Desenvolvido pela empresa israelita NSO Technologies, fundada em 2010 por antigos membros dos serviços de informações israelitas, tem sido vendido alegadamente apenas a governos e aos serviços de segurança destes para combater o crime e o terrorismo.
A revelação sobre o uso do Pegasus foi feita em 2017, se bem que o primeiro alerta tenha sido feito um ano antes.
No verão de 2021, uma investigação uma investigação jornalística global revelou que o Pegasus tinha sido utilizado por governo de todo o mundo, desde a Arábia Saudita ao México, para espiar ativistas, defensores de direitos humanos, jornalistas e políticos.
Coordenadas pela Forbidden Stories, as investigações, com apoio técnico da AI, levantaram uma maré de condenações em todo o mundo, se bem que os governos alegadamente implicados tenham negado a sua relação com o uso ilegítimo do programa.
Cerca de 50 mil pessoas foram identificadas como potenciais alvos do programa, entre o quais 180 jornalistas que investigam casos de corrupção ou violações de direitos humanos, bem como dirigentes políticos.
Entre estes, o consorcio jornalístico afirmou que Mácron era um dos alvos e que o governo marroquino um dos clientes.
O governo francês colocou em marcha um processo de verificações e a justiça francesa abriu uma investigação, enquanto Rabat negou qualquer implicação no escândalo.
Em setembro de 2021, o sítio de informação Mediapart estendeu a mais cinco ministros franceses a possibilidade de terem sido espiados, se bem que as análises técnicas não tenham determinado se os telemóveis foram de facto infetados ou apenas objeto de identificação para espionagem posterior.
À margem de França, o ex-presidente da Comissão Europeia Romano Prodi também estaria entre os espiados, tal como o presidente do Conselho Europeu, Charles Michel. Neste caso, a situação teria acontecido quando este chefiava o governo belga, indicou o diário belga “Le Soir”, que colaborou com o consórcio.
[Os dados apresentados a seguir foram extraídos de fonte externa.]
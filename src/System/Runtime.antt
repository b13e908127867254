-- ===== src/System/Runtime.antt =====
-- crates/core/src/runtime.rs: how runtimes are built, and what waiting for a task gives. The threads are
-- those of the crate `tokio`.
use percas.Base.{
  ℕ, Option, none, some, Result, ok, err, Outcome, returned, panicked, if◌then◌else◌, ltb, Bool,
}
use percas.Text.{String}

-- The settings of `tokio::runtime::Builder`; `none` is its default.
pub record TokioBuilder : Type 0 where
  pub worker_threads : Option ℕ
  pub max_blocking_threads : Option ℕ
  pub thread_keep_alive : Option ℕ
  pub enable_all : Bool
  pub thread_name : Option String

pub record Builder : Type 0 where
  pub runtime_name : String
  pub thread_name : String
  pub builder : TokioBuilder

-- A runtime, with the settings that it was built from.
pub record Runtime : Type 0 where
  pub name : String
  pub runtime : TokioBuilder

-- Whether the system can build a runtime.
pub record Tokio : Type 0 where
  pub builds : TokioBuilder → Bool

unfoldable pub new : String → String → Builder
new runtime_name thread_name = record {
  runtime_name = runtime_name;
  thread_name = thread_name;
  builder = record {
    worker_threads = none;
    max_blocking_threads = none;
    thread_keep_alive = none;
    enable_all = Bool.false;
    thread_name = none;
  };
}

-- The crate asserts that a number of threads is not 0.
unfoldable pub worker_threads : ℕ → Builder → Outcome Builder
worker_threads val b =
    if ltb 0 val
    then returned (record b { builder = record b.builder { worker_threads = some val } })
    else panicked

unfoldable pub max_blocking_threads : ℕ → Builder → Outcome Builder
max_blocking_threads val b =
    if ltb 0 val
    then returned (record b { builder = record b.builder { max_blocking_threads = some val } })
    else panicked

unfoldable pub thread_keep_alive : ℕ → Builder → Builder
thread_keep_alive duration b = record b {
  builder = record b.builder { thread_keep_alive = some duration };
}

unfoldable pub runtime_name : String → Builder → Builder
runtime_name val b = record b { runtime_name = val }

unfoldable pub thread_name : String → Builder → Builder
thread_name val b = record b { thread_name = val }

module _ ⦃t : Tokio⦄ where
  unfoldable pub build : Builder → Option Runtime
  build b =
      let settings = record b.builder {
        enable_all = Bool.true;
        thread_name = some b.thread_name;
      } in
      if t.builds settings
      then some (record { name = b.runtime_name; runtime = settings })
      else none

  abbrev pub expected : Option Runtime → Outcome Runtime
  expected none = panicked
  expected (some runtime) = returned runtime

  abbrev pub build_from : Outcome Builder → Outcome Runtime
  build_from panicked = panicked
  build_from (returned b) = expected (build b)

  unfoldable pub make_runtime : String → String → ℕ → Outcome Runtime
  unfolding new worker_threads build
  make_runtime runtime_name thread_name threads =
      build_from (worker_threads threads (new runtime_name thread_name))

-- `tokio::task::JoinError`.
pub data JoinError : Type 0 where
  panic cancelled : JoinError

pub data Poll {ℓ} (A : Type ℓ) : Type ℓ where
  pending : Poll A
  ready : A → Poll A

-- The `match` of `JoinHandle::poll`: a panic goes on, and a cancelled task is `unreachable!`.
abbrev pub joined : {R : Type 0} → Result R JoinError → Outcome R
joined (ok val) = returned val
joined (err panic) = panicked
joined (err cancelled) = panicked

abbrev pub ready_with : {R : Type 0} → Outcome R → Outcome (Poll R)
ready_with panicked = panicked
ready_with (returned val) = returned (ready val)

unfoldable pub poll : {R : Type 0} → Poll (Result R JoinError) → Outcome (Poll R)
poll pending = returned pending
poll (ready val) = ready_with (joined val)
Na Hungria, e depois das diligências abertas pela procuradoria de Bucareste, soube-se que entre os telemóveis espiados esteva o do jornalista Daniel Nemeth, que investigava a vida luxuosa de personagens próximas do governo do ultranacionalista Viktor Orbán.
Um dos últimos casos de alegada espionagem com recurso ao Pegasus foi relvelado pelo semanário norte-americano The New Yorker, em abril de 2022, com dados do The Citizen Lab, segundo o qual mais de sessenta dirigentes independentistas catalães, na sua maioria, e bascos, tinham sido vítimas do programa.
Entre os investigados estão o presidente da Generalitat (o governo autonómico), Pere Aragonès, os ex-presidentes Quim Torra e Artur Mas e os colaboradores de Carles Puigdemont.
A suposta espionagem coincidiu com os anos mais agitados na Catalunha, quando o governo catalão convocou em 2017 um referendo de secessão, declarado ilegal pelo Tribunal Constitucional.
O caso espanhol foi classificado pelo Citizen Lab como o de maior envergadura analisado até agora, superior aos ataques feitos aos jornalistas da Al Jazeera (36 vítimas) ou a oposicionistas em El Salvador (35).
Para travar a impunidade face ao programa, os EUA já impuseram sanções ao seu fabricante, a empresa israelita NSO Group, vetando o seu acesso a tecnologia dos EUA, enquanto Israel aumentou o controlo sobre as exportações de tecnologia.
A empresa continua a defender que os seus produtos se destinam a perseguir terroristas e criminosos, se bem que não possa controlar a forma como os seus clientes os utilizam.
Em janeiro de 2022, o presidente da NSO, Asher Levy, apresentou a sua demissão, depois de se saber que o programa tinha sido utilizado pela polícia israelita para espiar cidadãos sem ordem judicial.